🤖 AI Summary
This paper addresses the low token efficiency in video generation and reconstruction by proposing a content-aware, temporally causal adaptive video tokenization method. It dynamically allocates frame-level tokens within a 1D latent space, enabling sample-level flexible tokenization under strict token budget constraints. Key contributions include: (1) a block-wise causal quality scorer that preserves temporal causality for robust sequence modeling; (2) a block masking training strategy coupled with random tail dropping to enhance generalization and robustness; and (3) an integer linear programming–based optimization framework that enables precise, budget-controllable token allocation. Evaluated on UCF-101 and Kinetics-600, the method significantly improves both video reconstruction fidelity and generative performance—without requiring auxiliary image data—achieving efficient, budget-adaptive token modeling across varying computational constraints.
📝 Abstract
We propose AdapTok, an adaptive temporal causal video tokenizer that can flexibly allocate tokens for different frames based on video content. AdapTok is equipped with a block-wise masking strategy that randomly drops tail tokens of each block during training, and a block causal scorer to predict the reconstruction quality of video frames using different numbers of tokens. During inference, an adaptive token allocation strategy based on integer linear programming is further proposed to adjust token usage given predicted scores.

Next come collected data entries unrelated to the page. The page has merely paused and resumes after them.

-- ===== src/Net/Events/Buffers.antt =====
-- The buffers of the connections: what writes them, and what keeps them in bounds.
pub mod Loop
use vwnet_lib.Base.{
  ℕ, ◌+◌, ◌≤◌, ◌<◌, ◌^◌, ◌≡◌, ◌≢◌, refl, sym, ap, subst, ◌∙◌, inl, inr, Bool, true, false, List, [],
  ◌∷◌, Option, none, some, arith, ==_iff, ==_refl, ◌==◌, find, emplace, erase, assign, find-emplace,
  find-assign, find-erase, nat_eq, length, or_else, replaced, if◌then◌else◌, Bool-cases,
  Option-cases,
}
use vwnet_lib.Net.State.{
  Net, ReadBuf, NetContext, Sys, Handlers, on_net, get_context, update_context, create_context,
  new_context, make_nonblock, add_event, set_event, clear_context_event, delete_event,
  delete_context,
}
use vwnet_lib.Net.Socket.{Inbound, Outbound}
use vwnet_lib.Net.Read.{contents, size_remain, put_read_buf, read_loop, handle_read, full, overrun}
use vwnet_lib.Net.Read.Buffer.{BufInv, size_remain-BufInv}
use vwnet_lib.Net.Read.Loop.{IsBounded}
use vwnet_lib.Net.Read.Results.{Sound, LeavesBelow, read_loop-Sound, read_loop-ne-full}
use vwnet_lib.Net.Write.{write_loop, handle_write}
use vwnet_lib.Net.Events.Ends.{read_loop-keep, read_end-keep, write_end-keep}
use vwnet_lib.Net.Events.{
  Accepted, accept_one, handle_accept, Event, incoming_connections, ready, run_ready, run_event,
  run_events,
}

abbrev pub buf_in : Option NetContext → Option ReadBuf
buf_in none = none
buf_in (some ctxt) = some ctxt.read_buf

-- The buffer of the connection `fd`.
abbrev pub buf_of : ℕ → Net → Option ReadBuf
buf_of fd n = buf_in (get_context fd n)

-- The same connections with the same buffers.
pub record SameBuffers (n n' : Net) : Type 0 where
  pub same_size : n'.buf_size ≡ n.buf_size
  pub same_bufs : (fd : ℕ) → buf_of fd n' ≡ buf_of fd n

pub SameBuffers-refl : (n : Net) → SameBuffers n n
SameBuffers-refl n = record { same_size = refl; same_bufs = λ fd. refl }

pub SameBuffers-trans : {n n' n'' : Net} → SameBuffers n n' → SameBuffers n' n'' → SameBuffers n n''
SameBuffers-trans p q = record {
  same_size = q.same_size ∙ p.same_size;
  same_bufs = λ fd. q.same_bufs fd ∙ p.same_bufs fd;
}

pub same_contexts :
    {n n' : Net} → n'.buf_size ≡ n.buf_size → n'.contexts ≡ n.contexts → SameBuffers n n'
unfolding get_context
same_contexts size contexts = record {
  same_size = size;
  same_bufs = λ fd. ap (λ m. buf_in (find fd m)) contexts;
}

-- A context is written back with its buffer.
pub update_context-SameBuffers :
    (fd : ℕ) (ctxt old : NetContext) (n : Net)
    → get_context fd n ≡ some old
    → ctxt.read_buf ≡ old.read_buf
    → SameBuffers n (update_context fd ctxt n)
unfolding update_context get_context
update_context-SameBuffers fd ctxt old n e same = record {
  same_size = refl;
  same_bufs = λ j. ground (arith, find-assign fd j ctxt n.contexts);
}

-- Each connection is accepted with a block of the buffer's size.
abbrev pub BlocksFit : ℕ → List Accepted → Type 0
BlocksFit size [] = Unit {0}
BlocksFit size (conn ∷ conns) = (length conn.block ≡ size) × BlocksFit size conns

module _ (m size : ℕ) where
  -- A block of the buffer's size, the data within it, and less than `m` bytes of data.
  pub record IsShort (b : ReadBuf) : Type 0 where
    pub block : length b.r_buf ≡ size
    pub fits : b.r_data + b.r_size ≤ size
    pub few : length (contents b) < m

  -- Every connection's buffer is so.
  pub record Buffered (n : Net) : Type 0 where
    pub sized : n.buf_size ≡ size
    pub each : (fd : ℕ) (b : ReadBuf) → buf_of fd n ≡ some b → IsShort b

  pub no_contexts-Buffered : (n : Net) → n.contexts ≡ [] → n.buf_size ≡ size → Buffered n
  unfolding get_context find
  no_contexts-Buffered n none_yet sized = record {
    sized = sized;
    each = λ fd b e. absurd (ground (arith, none_yet));
  }

  pub SameBuffers-Buffered : {n n' : Net} → SameBuffers n n' → Buffered n → Buffered n'
  SameBuffers-Buffered same h = record {
    sized = same.same_size ∙ h.sized;
    each = λ fd b e. h.each fd b (sym (same.same_bufs fd) ∙ e);
  }

  pub clear_context_event-Buffered :
      (fd events : ℕ) (n : Net) → Buffered n → Buffered (clear_context_event fd events n)
  unfolding clear_context_event delete_event set_event delete_context get_context
  clear_context_event-Buffered fd events n h = record {
    sized = ground (arith, h.sized);
    each = λ j b e. ground (arith, find-erase fd j n.contexts, h.each j b);
  }

  replaced_short :
      (new : NetContext) (old : Option NetContext) (b : ReadBuf)
      → IsShort new.read_buf
      → buf_in (replaced old new) ≡ some b
      → IsShort b
  replaced_short new none b short e = absurd (ground arith)
  replaced_short new (some ctxt) b short e = subst IsShort (ground arith) short

  update_context-Buffered :
      (fd : ℕ) (ctxt : NetContext) (n : Net)
      → IsShort ctxt.read_buf
      → Buffered n
      → Buffered (update_context fd ctxt n)
  unfolding update_context get_context
  update_context-Buffered fd ctxt n short i = record {
    sized = i.sized;
    each = λ j b e. elim (Bool-cases (fd == j)) [
      | inl same ↦
          replaced_short ctxt (find fd n.contexts) b short
            (sym (ap buf_in (find-assign fd j ctxt n.contexts ∙ rw same refl)) ∙ e)
      | inr other ↦
          i.each j b (sym (ap buf_in (find-assign fd j ctxt n.contexts ∙ rw other refl)) ∙ e)
    ];
  }

  pub put_read_buf-Buffered :
      (ki : Inbound) {A : Type 0} (h : Handlers A) (fd : ℕ) (b : ReadBuf) (n : Net)
      → IsShort b
      → Buffered n
      → Buffered (put_read_buf ki h fd b n)
  unfolding put_read_buf
  put_read_buf-Buffered ki h fd b n short i = elim (Option-cases (get_context fd n)) [
    | inl e ↦ rw (e, put_read_buf) i
    | inr (ctxt, e) ↦
        rw (e, put_read_buf) (update_context-Buffered fd (record ctxt { read_buf = b }) n short i)
  ]

  module _ (short_size : m ≤ size) (some_size : 0 < m) (small : size < 2 ^ 64) where
    pub create_context-Buffered :
        (fd remote : ℕ) (block : List ℕ) (n : Net)
        → length block ≡ size
        → Buffered n
        → Buffered (create_context fd remote block n)
    unfolding create_context new_context get_context
    create_context-Buffered fd remote block n fits i = record {
      sized = i.sized;
      each = λ j b e. elim (Bool-cases (fd == j)) [
        | inl same ↦
            let at : find j (emplace fd (new_context block remote) n.contexts)
                ≡ some (or_else (find fd n.contexts) (new_context block remote)) =
              find-emplace fd j (new_context block remote) n.contexts ∙ rw same refl in
            new_short (find fd n.contexts) b (λ b' e'. i.each fd b' e') (sym (ap buf_in at) ∙ e)
        | inr other ↦
            let at : find j (emplace fd (new_context block remote) n.contexts) ≡ find j n.contexts =
              find-emplace fd j (new_context block remote) n.contexts ∙ rw other refl in
            i.each j b (sym (ap buf_in at) ∙ e)
      ];
    }
      where
        new_short :
            (old : Option NetContext) (b : ReadBuf)
            → ((b' : ReadBuf) → buf_in old ≡ some b' → IsShort b')
            → buf_in (some (or_else old (new_context block remote))) ≡ some b
            → IsShort b
        new_short none b each e =
            let fresh : ReadBuf = record { r_buf = block; r_data = 0; r_size = 0 } in
            let same : fresh ≡ b = ground arith in
            subst IsShort same (record { block = fits; fits = omega arith; few = omega arith })
        new_short (some ctxt) b each e = each b e

    -- What the loop leaves in the buffer of a connection.
    module _ {A : Type 0} (h : Handlers A) (bounded : IsBounded h) (ki : Inbound) where
      pub read_loop-IsShort :
          (fuel size' fd : ℕ) (b : ReadBuf) (c : ki.Conn) (s : Sys A)
          → size' ≡ size
          → LeavesBelow ki h bounded size fd m
          → IsShort b
          → IsShort (read_loop ki h fuel size' fd b (size_remain size' b) c s).1
      read_loop-IsShort fuel size' fd b c s same leaves short =
          rw same
            let inv = size_remain-BufInv size b short.block short.fits small in
              let sound =
                (read_loop-Sound ki h bounded size fd fuel b (size_remain size b) c s inv).sound in
              record {
                block = sound.block;
                fits = omega (arith, sound.room);
                few =
                    (read_loop-ne-full ki h bounded size fd m fuel b (size_remain size b) c s
                      short_size leaves inv short.few).1;
              }
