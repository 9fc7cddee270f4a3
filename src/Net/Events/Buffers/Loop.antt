-- ===== src/Net/Events/Buffers/Loop.antt =====
-- The buffers of the connections under the event loop.
use vwnet_lib.Base.{
  ℕ, ◌≤◌, ◌<◌, ◌^◌, ◌≡◌, refl, ap, inl, inr, Bool, true, false, List, [], ◌∷◌, nat_eq, length,
  if◌then◌else◌, Option-cases,
}
use vwnet_lib.Net.State.{
  Sys, Handlers, on_net, get_context, make_nonblock, add_event, set_event, clear_context_event,
}
use vwnet_lib.Net.Socket.{Inbound, Outbound}
use vwnet_lib.Net.Read.{ReadEnd, read_end, handle_read}
use vwnet_lib.Net.Read.Loop.{IsBounded}
use vwnet_lib.Net.Read.Results.{LeavesBelow}
use vwnet_lib.Net.Write.{handle_write}
use vwnet_lib.Net.Events.Ends.{read_loop-keep, read_end-keep, write_end-keep}
use vwnet_lib.Net.Events.{
  Accepted, accept_one, handle_accept, Event, incoming_connections, ready, run_ready, run_event,
  run_events,
}
use vwnet_lib.Net.Events.Buffers.{
  SameBuffers, buf_in, update_context-SameBuffers, Buffered, SameBuffers-Buffered,
  clear_context_event-Buffered, create_context-Buffered, put_read_buf-Buffered, read_loop-IsShort,
  BlocksFit,
}

-- The events that accept connections give them blocks of the buffer's size.
abbrev pub EventFits :
    ℕ → {A : Type 0} {h : Handlers A} {ki : Inbound} {ko : Outbound} → Event h ki ko → Type 0
EventFits size (incoming_connections conns) = BlocksFit size conns
EventFits size (ready fd events ci co errno fuel) = Unit

abbrev pub EventsFit :
    ℕ → {A : Type 0} {h : Handlers A} {ki : Inbound} {ko : Outbound} → List (Event h ki ko) → Type 0
EventsFit size [] = Unit {0}
EventsFit size (event ∷ rest) = EventFits size event × EventsFit size rest

-- What the virtual functions leave alone.
pub record KeepsBuffers {A : Type 0} (h : Handlers A) : Type 0 where
  pub processing :
      (fd : ℕ) (bytes : List ℕ) (s : Sys A) → SameBuffers s.net (h.process_data fd bytes s).1.net
  pub connecting : (fd : ℕ) (s : Sys A) → SameBuffers s.net (h.on_connect fd s).net
  pub losing : (fd : ℕ) (s : Sys A) → SameBuffers s.net (h.on_disconnect fd s).net
  pub failing : (fd err : ℕ) (s : Sys A) → SameBuffers s.net (h.on_error fd err s).net

module _ (m size : ℕ) (short_size : m ≤ size) (some_size : 0 < m) (small : size < 2 ^ 64) where
  module _ {A : Type 0} (h : Handlers A) (k : KeepsBuffers h) (bounded : IsBounded h) where
    abbrev Good : Sys A → Type 0
    Good s = Buffered m size s.net

    clearing :
        (fd events : ℕ) (s : Sys A) → Good s → Good (on_net (clear_context_event fd events) s)
    clearing fd events s i = clear_context_event-Buffered m size fd events s.net i

    losing : (fd : ℕ) (s : Sys A) → Good s → Good (h.on_disconnect fd s)
    losing fd s i = SameBuffers-Buffered m size (k.losing fd s) i

    failing : (fd err : ℕ) (s : Sys A) → Good s → Good (h.on_error fd err s)
    failing fd err s i = SameBuffers-Buffered m size (k.failing fd err s) i

    accept_one-Buffered :
        (conn : Accepted) (s : Sys A)
        → length conn.block ≡ size
        → Good s
        → Good (accept_one h conn s)
    unfolding accept_one make_nonblock add_event set_event get_context
    accept_one-Buffered conn s fits i =
        let accepted = SameBuffers-Buffered m size (k.connecting conn.conn_fd _) (
          create_context-Buffered m size short_size some_size small conn.conn_fd conn.cli_addr
            conn.block s.net fits i) in
        record { sized = accepted.sized; each = accepted.each }

    handle_accept-Buffered :
        (conns : List Accepted) (s : Sys A)
        → BlocksFit size conns
        → Good s
        → Good (handle_accept h conns s)
    unfolding handle_accept
    handle_accept-Buffered [] s fits i = i
    handle_accept-Buffered (conn ∷ conns) s (fits, rest) i =
        handle_accept-Buffered conns _ rest (accept_one-Buffered conn s fits i)

    handle_write-Buffered :
        (ko : Outbound) (fuel fd events : ℕ) (c : ko.Conn) (s : Sys A)
        → Good s
        → Good (handle_write ko h fuel fd events c s).1
    unfolding handle_write
    handle_write-Buffered ko fuel fd events c s i = elim (Option-cases (get_context fd s.net)) [
      | inl e ↦ rw (e, handle_write) i
      | inr (ctxt, e) ↦
          rw (e, handle_write)
            (write_end-keep h losing failing clearing ko _ fd events _
              (SameBuffers-Buffered m size (update_context-SameBuffers fd _ ctxt s.net e refl) i))
    ]

    module _ (ki : Inbound) (leaves : (fd : ℕ) → LeavesBelow ki h bounded size fd m) where
      flagged :
          (e : ReadEnd) (fd events : ℕ) (s : Sys A) → Good s → Good (read_end ki h e fd events s)
      unfolding get_context
      flagged e fd events s i =
          read_end-keep h losing failing clearing ki e fd events s
            (λ past. record { sized = i.sized; each = i.each }) i

      handle_read-Buffered :
          (fuel fd events : ℕ) (c : ki.Conn) (s : Sys A)
          → Good s
          → Good (handle_read ki h fuel fd events c s).1
      unfolding handle_read
      handle_read-Buffered fuel fd events c s i = elim (Option-cases (get_context fd s.net)) [
        | inl e ↦ rw (e, handle_read) i
        | inr (ctxt, e) ↦
            rw (e, handle_read)
              (flagged _ fd events _ (
                put_read_buf-Buffered m size ki h fd _ _
                  (read_loop-IsShort m size short_size some_size small h bounded ki fuel
                    s.net.buf_size fd ctxt.read_buf c s i.sized (leaves fd)
                    (i.each fd ctxt.read_buf (ap buf_in e)))
                  (read_loop-keep h
                    (λ fd' bytes s'. SameBuffers-Buffered m size (k.processing fd' bytes s')) ki
                    fuel s.net.buf_size fd ctxt.read_buf _ c s i)))
      ]

      module _ (ko : Outbound) where
        run_event-Buffered :
            (event : Event h ki ko) (s : Sys A)
            → EventFits size event
            → Good s
            → Good (run_event h ki ko event s)
        unfolding run_event run_ready
        run_event-Buffered (incoming_connections conns) s fits i =
            handle_accept-Buffered conns s fits i
        run_event-Buffered (ready fd events ci co errno fuel) s fits i =
            branch _ _ _ (clearing fd events (h.on_disconnect fd s) (losing fd s i)) (
              branch _ _ _ (clearing fd events (h.on_error fd errno s) (failing fd errno s i))
                (writes _ _ (reads _)))
          where
            branch : (b : Bool) (x y : Sys A) → Good x → Good y → Good (if b then x else y)
            branch true x y px py = px
            branch false x y px py = py

            reads : (b : Bool) → Good (if b then (handle_read ki h fuel fd events ci s).1 else s)
            reads b = branch b _ _ (handle_read-Buffered fuel fd events ci s i) i

            writes :
                (b : Bool) (s' : Sys A)
                → Good s'
                → Good (if b then (handle_write ko h fuel fd events co s').1 else s')
            writes b s' i' = branch b _ _ (handle_write-Buffered ko fuel fd events co s' i') i'

        pub run_events-Buffered :
            (events : List (Event h ki ko)) (s : Sys A)
            → EventsFit size events
            → Good s
            → Good (run_events h ki ko events s)
        unfolding run_events
        run_events-Buffered [] s fits i = i
        run_events-Buffered (event ∷ rest) s (fits, more) i =
            run_events-Buffered rest _ more (run_event-Buffered event s fits i)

Such design allows for sample-wise, content-aware, and temporally dynamic token allocation under a controllable overall budget. Extensive experiments for video reconstruction and generation on UCF-101 and Kinetics-600 demonstrate the effectiveness of our approach. Without additional image data, AdapTok consistently improves reconstruction quality and generation performance under different token budgets, allowing for more scalable and token-efficient generative video modeling.